Can fine dining become an agricultural project?

Phuket’s first Michelin-starred restaurant, PRU, is doing far more than creating remarkable plates through its “jungle cuisine” philosophy and its exploration of Thai ingredients. It is also investing in the future of farmers, fishermen and forgotten products. The story of Dutch chef Jimmy Ophorst reminds us that sometimes gastronomy has the power to make an entire region visible again.

Is the true measure of a restaurant’s success its ability to source the best ingredients in the world, or its ability to rediscover the value of the place it calls home? One of the most fascinating transformations in gastronomy in recent years has unfolded around this very question. For decades, the strength of great restaurants was measured by the products they could bring in from around the world. Today, however, many of the most exciting restaurants have chosen a very different path.

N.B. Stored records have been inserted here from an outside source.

-- ===== src/State/Machines.antt =====
-- vsearch/state.py, vsearch/processes.py and `cluster_health` of vsearch/health.py, as far as they act on
-- the world: the network, the processes and cluster.json are the parameter `Machines`. The directory of
-- the cluster is left out of the texts.
use distributed_vector_searc.Prelude.{
  ℕ, ◌+◌, Bool, true, false, List, [], ◌∷◌, ◌++◌, Option, none, some, Error, get_elem?, set, ok,
  err,
}
use distributed_vector_searc.Python.Text.{codes, Text, show_nat}
use distributed_vector_searc.Python.Json.{Fields}
use distributed_vector_searc.Actions.{Act, ◌>>=◌, give, raise, update, each}
use distributed_vector_searc.Health.{ServerHealth}
use distributed_vector_searc.State.{Server, State, ServerStatus, address, servers}

-- What the world does: cluster.json, if it is there; the answer to a `Status` call, where none is a
-- `grpc.RpcError`; whether the process of a pid is the server of a port (`waitpid` and `ps`); the start
-- of a server on its port, with its seed and arguments, for a shard and a replica, with its pid; and whether an
-- address answers in time.
pub record Machines (W : Type 0) : Type 0 where
  pub read : Act W (Option State)
  pub write : State → W → W
  pub status : Text → W → W × Option ServerStatus
  pub is_ours : ℕ → ℕ → W → W × Bool
  pub popen : (shard replica port seed : ℕ) → (server_args : Fields) → Act W ℕ
  pub wait_until_ready : Text → ℕ → W → W × Bool

module _ {W : Type 0} (machines : Machines W) where
  unfoldable pub read_state : Act W State
  read_state = do
    found ← machines.read
    elim found [
      | none ↦ raise (Error.user_error (codes "no cluster; start one with: vsearch cluster up"))
      | some state ↦ give state
    ]

  unfoldable pub write_state : State → Act W (Unit {0})
  write_state state = update (machines.write state)

  unfoldable pub server_status : Server → Act W (Option ServerStatus)
  unfolding address
  server_status server w = let (w', reply) = machines.status (address server) w in (w', ok reply)

  -- The statuses of all servers, or none if one of them does not answer.
  unfoldable pub all_up : List (Option ServerStatus) → Option (List ServerStatus)
  all_up [] = some []
  all_up (none ∷ replies) = none
  all_up (some reply ∷ replies) =
      let rest = all_up replies in
      elim rest [ none ↦ none | some statuses ↦ some (reply ∷ statuses) ]

  unfoldable pub writable : State → Act W (List ServerStatus)
  unfolding servers server_status all_up each
  writable state = do
    replies ← each (λ s. server_status s.2) (servers state)
    elim (all_up replies) [
      | none ↦ raise (
          Error.user_error
            (codes "a server is down, and writes need every replica; see: vsearch status"))
      | some statuses ↦ give statuses
    ]

  unfoldable pub is_running : Server → Act W Bool
  is_running server w = elim server.pid [
    | none ↦ (w, ok false)
    | some pid ↦ let (w', running) = machines.is_ours pid server.port w in (w', ok running)
  ]

  unfoldable pub server_health : ℕ → ℕ → Server → Option ServerStatus → Bool → ServerHealth
  unfolding address
  server_health shard replica server none running = record {
    shard = shard;
    replica = replica;
    address = address server;
    up = false;
    process = running;
    size = 0;
    last_seq = 0;
    snapshot_seq = 0;
  }
  server_health shard replica server (some reply) running = record {
    shard = shard;
    replica = replica;
    address = address server;
    up = true;
    process = running;
    size = reply.size;
    last_seq = reply.last_seq;
    snapshot_seq = reply.snapshot_seq;
  }

  -- The body of the loop of `cluster_health`.
  unfoldable pub ask_server : ℕ × ℕ × Server → Act W ServerHealth
  unfolding server_status is_running server_health
  ask_server (shard, replica, server) = do
    reply ← server_status server
    running ← is_running server
    give (server_health shard replica server reply running)

  unfoldable pub cluster_health : State → Act W (List ServerHealth)
  unfolding servers ask_server each
  cluster_health state = each ask_server (servers state)

  unfoldable pub log_path : ℕ → ℕ → Text
  unfolding show_nat
  log_path shard replica =
      codes "logs/shard-" ++ show_nat shard ++ codes "-replica-" ++ show_nat replica ++ codes ".log"

  unfoldable pub set_pid : ℕ → List Server → ℕ → List Server
  set_pid pid group replica = elim (get_elem? group replica) [
    | none ↦ group
    | some server ↦ set group replica (record server { pid = some pid })
  ]

  -- The state with the pid of a server.
  unfoldable pub with_pid : State → ℕ → ℕ → ℕ → State
  unfolding set_pid
  with_pid state shard replica pid = elim (get_elem? state.servers shard) [
    | none ↦ state
    | some group ↦ record state { servers = set state.servers shard (set_pid pid group replica) }
  ]

  -- `spawn`: the state that it leaves. None plus a number raises a `TypeError`.
  unfoldable pub spawn : State → ℕ → ℕ → Server → Act W State
  unfolding with_pid
  spawn state shard replica server = elim state.seed [
    | none ↦ raise Error.type_error
    | some seed ↦ do
      pid ← machines.popen shard replica server.port (seed + shard) state.server_args
      give (with_pid state shard replica pid)
  ]

  unfoldable pub wait_for : List (ℕ × ℕ × Server) → ℕ → Act W (Unit {0})
  unfolding address show_nat log_path
  wait_for [] timeout w = (w, ok tt)
  wait_for ((shard, replica, server) ∷ targets) timeout w =
      let (w', ready) = machines.wait_until_ready (address server) timeout w in
      elim ready [
        | true ↦ wait_for targets timeout w'
        | false ↦ (
          w',
          err (
              Error.user_error (
                codes "shard "
                ++ show_nat shard
                ++ codes " replica "
                ++ show_nat replica
                ++ codes " did not start; see "
                ++ log_path shard replica)),
        )
      ]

Their question is no longer, “Where can we find the best ingredient in the world?” Instead, they ask: “How well do we truly know what our own geography has to offer?” PRU in Phuket is one of the restaurants shaped by precisely this philosophy.

Yet PRU’s story begins long before Michelin stars, awards, or fine dining techniques enter the picture. In fact, at the center of this story there is not even a restaurant. At its heart are farmers, fishermen, forgotten ingredients and what a Dutch chef saw when he looked at Thailand from the outside.